Every line from the one containing "(with_status disabled) w.memberships" to the one containing "(λ m. in_tenant id m && not" in the records below, both included, must be set down exactly, and no other line.

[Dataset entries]
######

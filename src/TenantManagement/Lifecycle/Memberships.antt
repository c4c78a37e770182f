-- ===== src/TenantManagement/Lifecycle/Memberships.antt =====
-- What the lifecycle methods do to the members of the tenant, and to those of the others.
use medusa_multi_tenancy.Prelude.{
  ◌≡◌, refl, ◌∙◌, String, Bool, true, false, not, ◌&&◌, Option, some, arith, str_eq, Bool-cases,
  Option-cases, inl, inr,
}
use medusa_multi_tenancy.Schema.{Tenant, Membership, MemberStatus, enabled, disabled, is_enabled}
use medusa_multi_tenancy.Sql.Rows.{rows, first, rows_congr, rows_none}
use medusa_multi_tenancy.World.{Env, World}
use medusa_multi_tenancy.TenantManagement.Lifecycle.{
  has_id, deactivate_tenant, suspend_tenant, reactivate_tenant, request_tenant_deletion,
}
use medusa_multi_tenancy.TenantManagement.Lifecycle.Standing.{
  LifecycleOp, deactivate, suspend, reactivate, request_deletion, standing, allows, apply,
  apply_missing, apply_refused,
}

abbrev pub in_tenant : String → Membership → Bool
in_tenant id m = str_eq m.tenant_id id

module _ (env : Env) (id : String) (actor : Option String) (w : World env) where
  with_status : MemberStatus → Membership → Membership
  with_status s m = record m { status = s; updated_at = w.now }

  module _ {t : Tenant} (found : first env.sql (has_id id) w.tenants ≡ some t) where
    after_deactivate :
        (apply env deactivate id actor w).memberships
        ≡ env.sql.update (in_tenant id) (with_status disabled) w.memberships
    unfolding apply deactivate_tenant with_status
    after_deactivate = ground arith

    after_reactivate :
        allows reactivate (standing t) ≡ true
        → (apply env reactivate id actor w).memberships
          ≡ env.sql.update (in_tenant id) (with_status enabled) w.memberships
    unfolding apply reactivate_tenant with_status
    after_reactivate a = ground arith

  after_suspend : (apply env suspend id actor w).memberships ≡ w.memberships
  unfolding apply suspend_tenant
  after_suspend = ground arith

  after_request : (apply env request_deletion id actor w).memberships ≡ w.memberships
  unfolding apply request_tenant_deletion
  after_request = ground arith

  none_left :
      (s : MemberStatus) (q : MemberStatus → Bool)
      → q s ≡ false
      → rows env.sql
          (λ m. in_tenant id m && q m.status)
          (env.sql.update (in_tenant id) (with_status s) w.memberships)
        ≡ 0
  unfolding with_status
  none_left s q h =
      env.sql.rows-update (λ m. in_tenant id m && q m.status) (in_tenant id) (with_status s)
        w.memberships
      ∙ rows_none env.sql _ w.memberships (λ m. ground (arith, h))

  -- After the deactivation of a tenant that is found it has no active member.
  pub deactivation_disables_all :
      {t : Tenant}
      → first env.sql (has_id id) w.tenants ≡ some t
      → rows env.sql
          (λ m. in_tenant id m && is_enabled m.status)
          (apply env deactivate id actor w).memberships
        ≡ 0
  deactivation_disables_all found = rw (after_deactivate found) (none_left disabled is_enabled refl)

  -- After the reactivation of a tenant that is found, and is not being deleted, it has no inactive
  -- member, whichever members were inactive before.
  pub reactivation_enables_all :
      {t : Tenant}
      → first env.sql (has_id id) w.tenants ≡ some t
      → allows reactivate (standing t) ≡ true
      → rows env.sql
          (λ m. in_tenant id m && not (is_enabled m.status))
          (apply env reactivate id actor w).memberships
        ≡ 0
  reactivation_enables_all found a =
      rw (after_reactivate found a) (none_left enabled (λ s. not (is_enabled s)) refl)

  others_stay :
      (s : MemberStatus) (q : Membership → Bool)
      → rows env.sql
          (λ m. not (in_tenant id m) && q m)
          (env.sql.update (in_tenant id) (with_status s) w.memberships)
        ≡ rows env.sql (λ m. not (in_tenant id m) && q m) w.memberships
  unfolding with_status
  others_stay s q =
      env.sql.rows-update (λ m. not (in_tenant id m) && q m) (in_tenant id) (with_status s)
        w.memberships
      ∙ rows_congr env.sql _ _ w.memberships (λ m. ground (arith, Bool-cases (in_tenant id m)))

  -- No lifecycle call on one tenant changes the membership rows of the others: every count of such
  -- rows stays.
  pub other_tenants_members_stay :
      (op : LifecycleOp) (q : Membership → Bool)
      → rows env.sql (λ m. not (in_tenant id m) && q m) (apply env op id actor w).memberships
        ≡ rows env.sql (λ m. not (in_tenant id m) && q m) w.memberships
  other_tenants_members_stay deactivate q =
      elim (Option-cases (first env.sql (has_id id) w.tenants)) [
        | inl missing ↦ rw (apply_missing env deactivate id actor w missing) refl
        | inr (t, found) ↦ rw (after_deactivate found) (others_stay disabled q)
      ]
  other_tenants_members_stay suspend q = rw after_suspend refl
  other_tenants_members_stay reactivate q =
      elim (Option-cases (first env.sql (has_id id) w.tenants)) [
        | inl missing ↦ rw (apply_missing env reactivate id actor w missing) refl
        | inr (t, found) ↦ elim (Bool-cases (allows reactivate (standing t))) [
          | inl yes' ↦ rw (after_reactivate found yes') (others_stay enabled q)
          | inr no' ↦ rw (apply_refused env reactivate id actor w found no') refl
        ]
      ]
  other_tenants_members_stay request_deletion q = rw after_request refl
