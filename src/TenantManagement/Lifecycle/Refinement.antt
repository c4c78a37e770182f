-- ===== src/TenantManagement/Lifecycle/Refinement.antt =====
-- The service methods of the lifecycle, beside the abstract machine of `Standing`.
use medusa_multi_tenancy.Prelude.{
  ℕ, ◌≤◌, ◌≡◌, refl, ap, sym, ◌∙◌, String, Bool, true, false, Option, none, some, if◌then◌else◌,
  arith, str_eq, eq_iff, Bool-cases, Option-cases, inl, inr,
}
use medusa_multi_tenancy.Schema.{Tenant}
use medusa_multi_tenancy.Sql.Rows.{rows, first, rows_congr}
use medusa_multi_tenancy.World.{Env, World}
use medusa_multi_tenancy.TenantManagement.Lifecycle.{has_id}
use medusa_multi_tenancy.TenantManagement.Lifecycle.Standing.{
  LifecycleOp, deactivate, suspend, reactivate, request_deletion, Standing, standing, allows,
  target, next, map_standing, standing_of, change, apply, view, HasUniqueTenants, apply_missing,
  apply_refused, apply_allowed, standing_of_counts, counts_after_change,
}

-- What an operation on `id` does to the standing of `j`.
abbrev pub effect : LifecycleOp → String → String → Standing → Standing
effect op id j s = if str_eq j id then next op s else s

module _ (env : Env) (op : LifecycleOp) (id : String) (actor : Option String) (w : World env)
    (u : HasUniqueTenants env w) where
  map_standing_id :
      (f : Standing → Standing)
      → ((s : Standing) → f s ≡ s)
      → (o : Option Standing) → o ≡ map_standing f o
  map_standing_id f h none = refl
  map_standing_id f h (some s) = ap some (sym (h s))

  keeps_ids :
      (change' : Tenant → Tenant)
      → ((r : Tenant) → (change' r).id ≡ r.id)
      → (j : String) → rows env.sql (has_id j) (env.sql.update (has_id id) change' w.tenants) ≤ 1
  keeps_ids c h j =
      rw
        (env.sql.rows-update (has_id j) (has_id id) c w.tenants
          ∙ rows_congr env.sql _ (has_id j) w.tenants (λ r. kept (has_id id r) r))
        (u j)
    where
      kept : (b : Bool) (r : Tenant) → has_id j (if b then c r else r) ≡ has_id j r
      kept true r = rw (h r) refl
      kept false r = refl

  change_id : (op : LifecycleOp) (now : ℕ) (r : Tenant) → (change op now r).id ≡ r.id
  change_id deactivate now r = refl
  change_id suspend now r = refl
  change_id reactivate now r = refl
  change_id request_deletion now r = refl

  pub apply-HasUniqueTenants : HasUniqueTenants env (apply env op id actor w)
  apply-HasUniqueTenants j = elim (Option-cases (first env.sql (has_id id) w.tenants)) [
    | inl missing ↦ rw (apply_missing env op id actor w missing) (u j)
    | inr (t, found) ↦ elim (Bool-cases (allows op (standing t))) [
      | inl yes' ↦
          rw (apply_allowed env op id actor w found yes')
            (keeps_ids (change op w.now) (change_id op w.now) j)
      | inr no' ↦ rw (apply_refused env op id actor w found no') (u j)
    ]
  ]

  moved : String → Standing → Standing
  moved j s = if str_eq j id then record { status = target op; legal_hold = s.legal_hold } else s

  view_self :
      (j : String)
      → str_eq j id ≡ true
      → view env j w ≡ standing_of (first env.sql (has_id id) w.tenants)
  unfolding view
  view_self j e = rw ((eq_iff j id).0 e) refl

  -- Where nothing happens, the machine does not move either.
  idle :
      (j : String) (o : Option Standing)
      → ((s : Standing) → o ≡ some s → str_eq j id ≡ true → allows op s ≡ false)
      → map_standing (effect op id j) o ≡ o
  idle j none h = refl
  idle j (some s) h = ground (arith, h s refl)

  -- Where the operation is allowed, it moves the tenant to its target.
  moves :
      (j : String) (o : Option Standing)
      → ((s : Standing) → o ≡ some s → str_eq j id ≡ true → allows op s ≡ true)
      → map_standing (moved j) o ≡ map_standing (effect op id j) o
  unfolding moved
  moves j none h = refl
  moves j (some s) h = ground (arith, h s refl)

  -- Whatever the operation, the tenant, the actor and the state: if tenant ids are unique, then the
  -- standing of every tenant `j` after the call is the standing before it, moved by the abstract
  -- machine if `j` is the tenant that the call is about, and the same otherwise.
  pub view-apply :
      (j : String)
      → view env j (apply env op id actor w) ≡ map_standing (effect op id j) (view env j w)
  view-apply j = elim (Option-cases (first env.sql (has_id id) w.tenants)) [
    | inl missing ↦
        rw (apply_missing env op id actor w missing) (
          sym
            (idle j (view env j w) (λ s e same. cc (view_self j same, e, ap standing_of missing))))
    | inr (t, found) ↦ elim (Bool-cases (allows op (standing t))) [
      | inr no' ↦ rw (apply_refused env op id actor w found no') (
          sym (idle j (view env j w) (λ s e same. ground (arith, no', view_self j same, found, e))))
      | inl yes' ↦
          standing_of_counts env j (moved j) w (apply env op id actor w) (u j)
            (apply-HasUniqueTenants j)
            (λ p.
              unfold moved in
              rw (apply_allowed env op id actor w found yes') (counts_after_change env op id j w p))
          ∙ moves j (view env j w) (λ s e same. ground (arith, yes', view_self j same, found, e))
    ]
  ]
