-- ===== src/TenantManagement/Lifecycle/Sequences.antt =====
-- Sequences of lifecycle calls.
use medusa_multi_tenancy.Prelude.{
  ◌≡◌, refl, ap, ◌∙◌, String, Bool, true, false, not, ◌&&◌, Option, none, some, List, [], ◌∷◌,
  arith, eq_refl,
}
use medusa_multi_tenancy.Schema.{active, pending_deletion}
use medusa_multi_tenancy.World.{Env, World}
use medusa_multi_tenancy.TenantManagement.Lifecycle.{is_deleting, is_blocked_status}
use medusa_multi_tenancy.TenantManagement.Lifecycle.Standing.{
  LifecycleOp, suspend, reactivate, Standing, map_standing, apply, view, HasUniqueTenants,
}
use medusa_multi_tenancy.TenantManagement.Lifecycle.Refinement.{
  effect, view-apply, apply-HasUniqueTenants,
}

pub record LifecycleCall : Type 0 where
  pub op : LifecycleOp
  pub id : String
  pub actor : Option String

-- the abstract machine on one tenant, over a sequence of calls
abbrev pub effects : List LifecycleCall → String → Standing → Standing
effects [] j s = s
effects (c ∷ cs) j s = effects cs j (effect c.op c.id j s)

abbrev pub is_reactivate : LifecycleOp → Bool
is_reactivate reactivate = true
is_reactivate _ = false

-- None of the calls reactivates a tenant.
abbrev pub no_reactivation : List LifecycleCall → Bool
no_reactivation [] = true
no_reactivation (c ∷ cs) = not (is_reactivate c.op) && no_reactivation cs

-- A tenant under legal hold that is not being deleted.
abbrev pub is_retained : Standing → Bool
is_retained s = s.legal_hold && not (is_deleting s.status)

effect_retained :
    (op : LifecycleOp) (id j : String) (s : Standing)
    → is_retained s ≡ true
    → is_retained (effect op id j s) ≡ true
effect_retained op id j s h = ground arith

effects_retained :
    (cs : List LifecycleCall) (j : String) (s : Standing)
    → is_retained s ≡ true
    → is_retained (effects cs j s) ≡ true
effects_retained [] j s h = h
effects_retained (c ∷ cs) j s h =
    effects_retained cs j (effect c.op c.id j s) (effect_retained c.op c.id j s h)

effect_blocked :
    (op : LifecycleOp) (id j : String) (s : Standing)
    → is_reactivate op ≡ false
    → is_blocked_status s.status ≡ true
    → is_blocked_status (effect op id j s).status ≡ true
effect_blocked op id j s r h = ground arith

effects_blocked :
    (cs : List LifecycleCall) (j : String) (s : Standing)
    → no_reactivation cs ≡ true
    → is_blocked_status s.status ≡ true
    → is_blocked_status (effects cs j s).status ≡ true
effects_blocked [] j s r h = h
effects_blocked (c ∷ cs) j s r h =
    effects_blocked cs j (effect c.op c.id j s) (ground (arith, r))
      (effect_blocked c.op c.id j s (ground (arith, r)) h)

module _ (env : Env) where
  unfoldable pub run_lifecycle : List LifecycleCall → World env → World env
  run_lifecycle [] w = w
  run_lifecycle (c ∷ cs) w = run_lifecycle cs (apply env c.op c.id c.actor w)

  map_standing_twice :
      (f g : Standing → Standing) (o : Option Standing)
      → map_standing g (map_standing f o) ≡ map_standing (λ s. g (f s)) o
  map_standing_twice f g none = refl
  map_standing_twice f g (some s) = refl

  map_standing_id : (o : Option Standing) → map_standing (λ s. s) o ≡ o
  map_standing_id none = refl
  map_standing_id (some s) = refl

  view-run_lifecycle :
      (cs : List LifecycleCall) (w : World env)
      → HasUniqueTenants env w
      → (j : String) → view env j (run_lifecycle cs w) ≡ map_standing (effects cs j) (view env j w)
  unfolding run_lifecycle
  view-run_lifecycle [] w u j = rw map_standing_id
  view-run_lifecycle (c ∷ cs) w u j =
      view-run_lifecycle cs (apply env c.op c.id c.actor w)
        (apply-HasUniqueTenants env c.op c.id c.actor w u) j
      ∙ ap (map_standing (effects cs j)) (view-apply env c.op c.id c.actor w u j)
      ∙ map_standing_twice (effect c.op c.id j) (effects cs j) (view env j w)

  module _ (cs : List LifecycleCall) (w : World env) (u : HasUniqueTenants env w) (j : String)
      {s : Standing} (at : view env j w ≡ some s) where
    after_run : view env j (run_lifecycle cs w) ≡ some (effects cs j s)
    after_run = view-run_lifecycle cs w u j ∙ ap (map_standing (effects cs j)) at

    -- With unique tenant ids: a tenant that is under legal hold and not being deleted is still so
    -- after any sequence of lifecycle calls, on it and on others.
    pub legal_hold_retains :
        is_retained s ≡ true
        → (s' : Standing) × (view env j (run_lifecycle cs w) ≡ some s') × (is_retained s' ≡ true)
    legal_hold_retains h = (effects cs j s, after_run, effects_retained cs j s h)

    -- With unique tenant ids: a tenant whose access is blocked stays blocked through any sequence of
    -- lifecycle calls that has no reactivation.
    pub blocked_until_reactivated :
        is_blocked_status s.status ≡ true
        → no_reactivation cs ≡ true
        → (s' : Standing) × (view env j (run_lifecycle cs w) ≡ some s')
          × (is_blocked_status s'.status ≡ true)
    blocked_until_reactivated h r = (effects cs j s, after_run, effects_blocked cs j s r h)

  -- With unique tenant ids: a reactivation is refused while a tenant's deletion is pending, but
  -- suspending the tenant first lets the reactivation through, and the deletion is off.
  pub suspension_lifts_deletion :
      (j : String) (actor : Option String) (w : World env) {s : Standing}
      → HasUniqueTenants env w
      → view env j w ≡ some s
      → s.status ≡ pending_deletion
      → (view env j (apply env reactivate j actor w) ≡ some s)
        × (view env j (apply env reactivate j actor (apply env suspend j actor w))
            ≡ some (record { status = active; legal_hold = s.legal_hold }))
  suspension_lifts_deletion j actor w {s} u at p = (
    ground (arith, view-apply env reactivate j actor w u j, eq_refl j),
    ground (
      arith,
      view-apply env suspend j actor w u j,
      view-apply env reactivate j actor (apply env suspend j actor w)
          (apply-HasUniqueTenants env suspend j actor w u) j,
      eq_refl j,
    ),
  )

######

[YOUR SOLUTION]:
        ≡ env.sql.update (in_tenant id) (with_status disabled) w.memberships
    unfolding apply deactivate_tenant with_status
    after_deactivate = ground arith

    after_reactivate :
        allows reactivate (standing t) ≡ true
        → (apply env reactivate id actor w).memberships
          ≡ env.sql.update (in_tenant id) (with_status enabled) w.memberships
    unfolding apply reactivate_tenant with_status
    after_reactivate a = ground arith

  after_suspend : (apply env suspend id actor w).memberships ≡ w.memberships
  unfolding apply suspend_tenant
  after_suspend = ground arith

  after_request : (apply env request_deletion id actor w).memberships ≡ w.memberships
  unfolding apply request_tenant_deletion
  after_request = ground arith

  none_left :
      (s : MemberStatus) (q : MemberStatus → Bool)
      → q s ≡ false
      → rows env.sql
          (λ m. in_tenant id m && q m.status)
          (env.sql.update (in_tenant id) (with_status s) w.memberships)
        ≡ 0
  unfolding with_status
  none_left s q h =
      env.sql.rows-update (λ m. in_tenant id m && q m.status) (in_tenant id) (with_status s)
        w.memberships
      ∙ rows_none env.sql _ w.memberships (λ m. ground (arith, h))

  -- After the deactivation of a tenant that is found it has no active member.
  pub deactivation_disables_all :
      {t : Tenant}
      → first env.sql (has_id id) w.tenants ≡ some t
      → rows env.sql
          (λ m. in_tenant id m && is_enabled m.status)
          (apply env deactivate id actor w).memberships
        ≡ 0
  deactivation_disables_all found = rw (after_deactivate found) (none_left disabled is_enabled refl)

  -- After the reactivation of a tenant that is found, and is not being deleted, it has no inactive
  -- member, whichever members were inactive before.
  pub reactivation_enables_all :
      {t : Tenant}
      → first env.sql (has_id id) w.tenants ≡ some t
      → allows reactivate (standing t) ≡ true
      → rows env.sql
          (λ m. in_tenant id m && not (is_enabled m.status))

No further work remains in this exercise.